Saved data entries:
----------
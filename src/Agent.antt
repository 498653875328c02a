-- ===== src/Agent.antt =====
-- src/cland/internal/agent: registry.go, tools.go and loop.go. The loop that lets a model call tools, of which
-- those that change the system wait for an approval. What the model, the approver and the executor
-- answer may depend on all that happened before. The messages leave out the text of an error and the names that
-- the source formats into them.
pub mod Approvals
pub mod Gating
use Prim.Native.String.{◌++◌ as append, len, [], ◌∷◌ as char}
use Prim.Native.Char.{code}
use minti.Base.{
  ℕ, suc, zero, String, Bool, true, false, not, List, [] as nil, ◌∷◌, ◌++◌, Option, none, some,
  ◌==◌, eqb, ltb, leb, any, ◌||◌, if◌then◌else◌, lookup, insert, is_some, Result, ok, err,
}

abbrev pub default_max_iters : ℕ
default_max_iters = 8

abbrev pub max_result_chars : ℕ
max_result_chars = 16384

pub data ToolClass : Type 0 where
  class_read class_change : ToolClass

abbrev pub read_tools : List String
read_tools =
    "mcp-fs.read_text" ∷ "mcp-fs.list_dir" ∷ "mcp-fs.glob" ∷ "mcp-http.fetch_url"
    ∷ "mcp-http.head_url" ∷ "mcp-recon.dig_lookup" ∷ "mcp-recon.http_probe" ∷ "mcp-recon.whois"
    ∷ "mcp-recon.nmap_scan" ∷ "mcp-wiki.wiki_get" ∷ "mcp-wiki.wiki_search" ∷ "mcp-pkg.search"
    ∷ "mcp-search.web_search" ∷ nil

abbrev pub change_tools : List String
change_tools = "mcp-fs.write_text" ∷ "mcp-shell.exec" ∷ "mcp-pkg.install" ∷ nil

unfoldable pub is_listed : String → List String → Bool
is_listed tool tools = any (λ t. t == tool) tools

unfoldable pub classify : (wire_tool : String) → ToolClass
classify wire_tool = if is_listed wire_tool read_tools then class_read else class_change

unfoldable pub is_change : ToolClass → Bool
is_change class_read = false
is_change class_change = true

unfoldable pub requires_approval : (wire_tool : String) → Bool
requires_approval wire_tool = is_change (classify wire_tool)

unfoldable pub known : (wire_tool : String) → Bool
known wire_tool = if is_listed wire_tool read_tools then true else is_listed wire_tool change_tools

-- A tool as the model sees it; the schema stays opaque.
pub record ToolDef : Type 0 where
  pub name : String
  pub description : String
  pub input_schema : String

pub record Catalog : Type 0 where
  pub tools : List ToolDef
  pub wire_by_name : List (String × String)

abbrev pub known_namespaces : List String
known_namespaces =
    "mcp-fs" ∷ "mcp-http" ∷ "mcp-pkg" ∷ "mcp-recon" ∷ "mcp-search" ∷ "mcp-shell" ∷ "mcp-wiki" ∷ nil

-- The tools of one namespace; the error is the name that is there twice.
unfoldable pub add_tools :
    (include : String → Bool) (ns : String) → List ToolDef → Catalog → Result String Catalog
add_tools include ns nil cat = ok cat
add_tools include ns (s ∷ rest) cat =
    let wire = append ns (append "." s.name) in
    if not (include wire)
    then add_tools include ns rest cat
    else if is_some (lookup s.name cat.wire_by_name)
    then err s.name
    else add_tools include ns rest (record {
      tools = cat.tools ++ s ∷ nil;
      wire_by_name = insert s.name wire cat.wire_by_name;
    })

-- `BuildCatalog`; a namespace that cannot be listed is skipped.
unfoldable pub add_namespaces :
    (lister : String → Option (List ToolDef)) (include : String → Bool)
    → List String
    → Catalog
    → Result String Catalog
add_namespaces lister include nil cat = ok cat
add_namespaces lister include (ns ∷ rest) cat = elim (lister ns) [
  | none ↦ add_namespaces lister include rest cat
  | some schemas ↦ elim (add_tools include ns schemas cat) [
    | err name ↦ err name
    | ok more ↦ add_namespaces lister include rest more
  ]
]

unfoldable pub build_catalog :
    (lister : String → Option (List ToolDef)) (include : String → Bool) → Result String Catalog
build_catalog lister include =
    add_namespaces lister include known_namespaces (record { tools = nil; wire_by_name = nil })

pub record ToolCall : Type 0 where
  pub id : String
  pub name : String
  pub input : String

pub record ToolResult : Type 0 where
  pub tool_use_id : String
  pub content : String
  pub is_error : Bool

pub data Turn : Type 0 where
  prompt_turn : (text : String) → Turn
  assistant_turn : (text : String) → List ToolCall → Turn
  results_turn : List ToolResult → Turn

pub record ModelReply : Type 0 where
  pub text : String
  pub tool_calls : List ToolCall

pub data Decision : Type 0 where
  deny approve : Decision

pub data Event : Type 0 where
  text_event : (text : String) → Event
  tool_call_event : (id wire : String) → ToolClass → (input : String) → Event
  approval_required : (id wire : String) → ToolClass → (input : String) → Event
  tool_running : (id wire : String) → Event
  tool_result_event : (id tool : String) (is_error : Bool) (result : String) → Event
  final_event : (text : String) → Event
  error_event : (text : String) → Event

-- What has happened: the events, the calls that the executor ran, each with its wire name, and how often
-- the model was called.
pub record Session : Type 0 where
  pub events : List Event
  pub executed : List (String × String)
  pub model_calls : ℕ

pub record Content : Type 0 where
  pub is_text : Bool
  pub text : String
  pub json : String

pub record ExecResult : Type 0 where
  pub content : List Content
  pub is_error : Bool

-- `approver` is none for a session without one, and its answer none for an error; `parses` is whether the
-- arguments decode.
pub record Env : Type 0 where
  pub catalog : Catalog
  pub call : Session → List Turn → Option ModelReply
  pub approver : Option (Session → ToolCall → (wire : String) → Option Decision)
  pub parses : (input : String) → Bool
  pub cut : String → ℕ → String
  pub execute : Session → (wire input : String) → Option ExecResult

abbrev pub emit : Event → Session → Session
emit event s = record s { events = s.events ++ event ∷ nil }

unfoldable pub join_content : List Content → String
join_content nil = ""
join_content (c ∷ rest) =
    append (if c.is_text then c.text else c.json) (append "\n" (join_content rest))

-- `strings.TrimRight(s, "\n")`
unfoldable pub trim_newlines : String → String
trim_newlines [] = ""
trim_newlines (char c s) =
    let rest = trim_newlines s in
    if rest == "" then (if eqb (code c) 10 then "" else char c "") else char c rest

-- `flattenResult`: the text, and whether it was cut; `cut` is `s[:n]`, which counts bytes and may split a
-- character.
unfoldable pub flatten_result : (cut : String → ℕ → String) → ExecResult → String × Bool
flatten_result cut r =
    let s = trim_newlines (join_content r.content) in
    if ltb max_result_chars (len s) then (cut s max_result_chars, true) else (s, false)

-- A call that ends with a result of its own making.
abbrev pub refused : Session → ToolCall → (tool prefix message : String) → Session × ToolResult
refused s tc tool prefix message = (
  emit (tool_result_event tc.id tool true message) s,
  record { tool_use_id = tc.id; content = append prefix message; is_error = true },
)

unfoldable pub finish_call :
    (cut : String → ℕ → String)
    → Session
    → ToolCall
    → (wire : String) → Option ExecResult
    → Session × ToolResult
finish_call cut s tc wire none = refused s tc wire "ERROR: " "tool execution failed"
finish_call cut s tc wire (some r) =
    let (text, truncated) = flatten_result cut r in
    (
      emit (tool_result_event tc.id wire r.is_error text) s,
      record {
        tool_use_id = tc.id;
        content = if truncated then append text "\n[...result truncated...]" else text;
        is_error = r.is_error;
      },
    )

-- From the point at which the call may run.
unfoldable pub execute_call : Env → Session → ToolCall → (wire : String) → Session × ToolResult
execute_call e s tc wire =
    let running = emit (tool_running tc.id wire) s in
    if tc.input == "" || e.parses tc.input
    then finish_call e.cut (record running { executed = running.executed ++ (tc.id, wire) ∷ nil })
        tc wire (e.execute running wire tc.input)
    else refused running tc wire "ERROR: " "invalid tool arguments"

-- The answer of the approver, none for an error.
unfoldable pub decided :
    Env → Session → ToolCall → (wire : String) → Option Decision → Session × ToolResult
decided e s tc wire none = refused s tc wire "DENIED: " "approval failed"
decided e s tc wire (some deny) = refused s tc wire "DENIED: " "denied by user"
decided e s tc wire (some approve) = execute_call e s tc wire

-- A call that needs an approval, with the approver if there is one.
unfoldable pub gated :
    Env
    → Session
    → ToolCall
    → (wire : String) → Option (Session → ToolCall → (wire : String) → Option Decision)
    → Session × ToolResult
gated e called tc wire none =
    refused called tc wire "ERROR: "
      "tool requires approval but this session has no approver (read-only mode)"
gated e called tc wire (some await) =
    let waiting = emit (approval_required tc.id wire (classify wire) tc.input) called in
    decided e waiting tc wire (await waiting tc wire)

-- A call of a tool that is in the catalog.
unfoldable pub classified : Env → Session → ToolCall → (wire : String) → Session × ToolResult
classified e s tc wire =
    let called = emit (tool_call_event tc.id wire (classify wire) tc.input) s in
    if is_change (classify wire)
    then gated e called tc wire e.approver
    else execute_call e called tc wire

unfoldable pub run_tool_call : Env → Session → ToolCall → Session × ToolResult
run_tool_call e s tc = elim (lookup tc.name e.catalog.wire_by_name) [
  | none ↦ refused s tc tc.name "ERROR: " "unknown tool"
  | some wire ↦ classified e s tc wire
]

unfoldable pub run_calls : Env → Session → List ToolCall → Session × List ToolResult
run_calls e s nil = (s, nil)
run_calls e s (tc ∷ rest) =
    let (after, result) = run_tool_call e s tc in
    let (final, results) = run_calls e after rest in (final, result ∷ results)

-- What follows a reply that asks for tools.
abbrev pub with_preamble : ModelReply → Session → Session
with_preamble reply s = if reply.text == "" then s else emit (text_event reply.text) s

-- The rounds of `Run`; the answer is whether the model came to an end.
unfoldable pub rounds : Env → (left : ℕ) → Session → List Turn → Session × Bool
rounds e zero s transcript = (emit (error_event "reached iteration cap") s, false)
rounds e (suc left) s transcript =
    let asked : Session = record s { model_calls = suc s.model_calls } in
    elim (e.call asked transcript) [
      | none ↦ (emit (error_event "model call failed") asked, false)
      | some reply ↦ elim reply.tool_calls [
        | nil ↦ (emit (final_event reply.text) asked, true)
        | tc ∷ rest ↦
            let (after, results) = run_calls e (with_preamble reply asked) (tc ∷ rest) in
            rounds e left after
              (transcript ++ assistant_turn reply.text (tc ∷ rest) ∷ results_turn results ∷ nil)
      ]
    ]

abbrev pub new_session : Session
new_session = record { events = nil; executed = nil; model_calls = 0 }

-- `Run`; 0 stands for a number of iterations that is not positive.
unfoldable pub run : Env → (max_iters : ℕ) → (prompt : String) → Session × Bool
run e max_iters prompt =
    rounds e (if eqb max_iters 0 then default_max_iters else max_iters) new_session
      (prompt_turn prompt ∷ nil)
----------
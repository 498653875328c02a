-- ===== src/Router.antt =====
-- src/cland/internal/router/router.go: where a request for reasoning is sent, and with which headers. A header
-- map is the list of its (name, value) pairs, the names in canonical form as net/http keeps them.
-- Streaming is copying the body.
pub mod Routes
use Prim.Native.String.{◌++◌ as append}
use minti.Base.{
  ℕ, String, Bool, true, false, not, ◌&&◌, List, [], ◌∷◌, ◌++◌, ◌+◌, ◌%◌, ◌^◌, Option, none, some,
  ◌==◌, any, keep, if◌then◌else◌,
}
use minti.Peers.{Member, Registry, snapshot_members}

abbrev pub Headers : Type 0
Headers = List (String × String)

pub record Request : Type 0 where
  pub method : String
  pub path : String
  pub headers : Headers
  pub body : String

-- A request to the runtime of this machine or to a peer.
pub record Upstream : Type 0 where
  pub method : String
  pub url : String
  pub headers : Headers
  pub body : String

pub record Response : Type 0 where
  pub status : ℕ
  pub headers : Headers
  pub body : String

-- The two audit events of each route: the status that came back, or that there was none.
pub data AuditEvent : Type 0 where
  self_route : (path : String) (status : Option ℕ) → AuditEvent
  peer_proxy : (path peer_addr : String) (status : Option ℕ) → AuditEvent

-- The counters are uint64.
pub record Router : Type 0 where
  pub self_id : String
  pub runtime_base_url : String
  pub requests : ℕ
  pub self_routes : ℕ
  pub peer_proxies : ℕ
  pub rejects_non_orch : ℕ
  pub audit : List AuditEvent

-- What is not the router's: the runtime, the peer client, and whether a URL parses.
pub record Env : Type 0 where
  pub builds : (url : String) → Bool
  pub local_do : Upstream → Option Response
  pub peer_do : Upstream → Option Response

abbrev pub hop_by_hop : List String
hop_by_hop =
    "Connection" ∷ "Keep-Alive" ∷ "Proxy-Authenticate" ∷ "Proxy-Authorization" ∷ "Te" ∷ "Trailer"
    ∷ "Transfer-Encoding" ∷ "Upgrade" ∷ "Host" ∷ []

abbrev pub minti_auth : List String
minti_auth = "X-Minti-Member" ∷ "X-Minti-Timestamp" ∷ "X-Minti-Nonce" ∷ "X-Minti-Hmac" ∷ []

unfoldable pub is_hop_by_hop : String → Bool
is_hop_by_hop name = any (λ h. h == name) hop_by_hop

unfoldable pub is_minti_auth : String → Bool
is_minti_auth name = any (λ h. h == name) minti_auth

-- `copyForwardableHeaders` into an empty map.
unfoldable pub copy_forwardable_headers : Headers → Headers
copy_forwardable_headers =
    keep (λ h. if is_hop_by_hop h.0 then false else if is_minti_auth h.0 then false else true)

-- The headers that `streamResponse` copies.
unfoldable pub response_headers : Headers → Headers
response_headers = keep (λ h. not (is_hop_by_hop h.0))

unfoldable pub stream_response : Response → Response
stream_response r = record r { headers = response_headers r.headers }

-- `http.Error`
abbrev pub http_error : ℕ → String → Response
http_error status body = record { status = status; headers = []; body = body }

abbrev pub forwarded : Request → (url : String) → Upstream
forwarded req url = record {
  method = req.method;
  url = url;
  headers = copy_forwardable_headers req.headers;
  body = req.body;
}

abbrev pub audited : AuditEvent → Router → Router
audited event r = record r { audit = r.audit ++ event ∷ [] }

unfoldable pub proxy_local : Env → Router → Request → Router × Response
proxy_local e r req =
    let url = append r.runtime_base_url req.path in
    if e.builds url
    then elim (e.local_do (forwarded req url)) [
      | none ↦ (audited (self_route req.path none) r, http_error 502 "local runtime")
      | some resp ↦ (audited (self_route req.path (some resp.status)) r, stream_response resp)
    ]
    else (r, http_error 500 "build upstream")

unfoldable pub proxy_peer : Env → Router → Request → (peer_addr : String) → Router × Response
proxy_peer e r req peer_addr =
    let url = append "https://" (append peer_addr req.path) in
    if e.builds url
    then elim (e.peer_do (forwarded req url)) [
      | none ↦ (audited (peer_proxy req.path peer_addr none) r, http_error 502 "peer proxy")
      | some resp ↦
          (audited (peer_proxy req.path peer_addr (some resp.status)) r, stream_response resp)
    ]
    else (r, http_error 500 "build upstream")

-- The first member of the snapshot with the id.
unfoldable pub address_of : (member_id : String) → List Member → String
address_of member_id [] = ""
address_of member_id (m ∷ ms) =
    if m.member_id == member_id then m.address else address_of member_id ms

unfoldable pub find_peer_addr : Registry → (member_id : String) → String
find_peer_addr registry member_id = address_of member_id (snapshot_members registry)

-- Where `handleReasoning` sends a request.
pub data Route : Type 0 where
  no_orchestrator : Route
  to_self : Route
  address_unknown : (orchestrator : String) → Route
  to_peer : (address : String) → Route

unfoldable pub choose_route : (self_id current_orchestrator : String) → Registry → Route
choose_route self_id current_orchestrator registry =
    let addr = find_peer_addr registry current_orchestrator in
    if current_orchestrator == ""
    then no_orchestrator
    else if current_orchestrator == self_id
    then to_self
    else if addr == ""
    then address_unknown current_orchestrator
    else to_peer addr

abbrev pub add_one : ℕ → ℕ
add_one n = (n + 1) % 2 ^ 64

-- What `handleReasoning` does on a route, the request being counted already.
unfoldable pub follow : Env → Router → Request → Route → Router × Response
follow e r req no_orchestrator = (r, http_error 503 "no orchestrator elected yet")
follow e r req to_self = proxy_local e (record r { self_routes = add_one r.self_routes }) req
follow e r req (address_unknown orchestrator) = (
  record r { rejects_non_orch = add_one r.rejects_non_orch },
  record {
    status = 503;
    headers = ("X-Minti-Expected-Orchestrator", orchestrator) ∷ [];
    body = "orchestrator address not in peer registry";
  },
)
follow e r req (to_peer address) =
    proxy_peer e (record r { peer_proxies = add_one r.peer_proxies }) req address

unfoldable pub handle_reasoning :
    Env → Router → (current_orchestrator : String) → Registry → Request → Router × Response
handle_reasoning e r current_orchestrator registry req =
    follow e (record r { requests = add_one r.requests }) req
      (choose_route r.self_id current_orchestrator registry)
----------
Prompt
Copy exactly the stretch of data above from the line with "tool_call_event : (id" through the line with "error_event : (text : String) → Event", and omit all other lines.

Solution
  tool_call_event : (id wire : String) → ToolClass → (input : String) → Event
  approval_required : (id wire : String) → ToolClass → (input : String) → Event
  tool_running : (id wire : String) → Event
  tool_result_event : (id tool : String) (is_error : Bool) (result : String) → Event
  final_event : (text : String) → Event
  error_event : (text : String) → Event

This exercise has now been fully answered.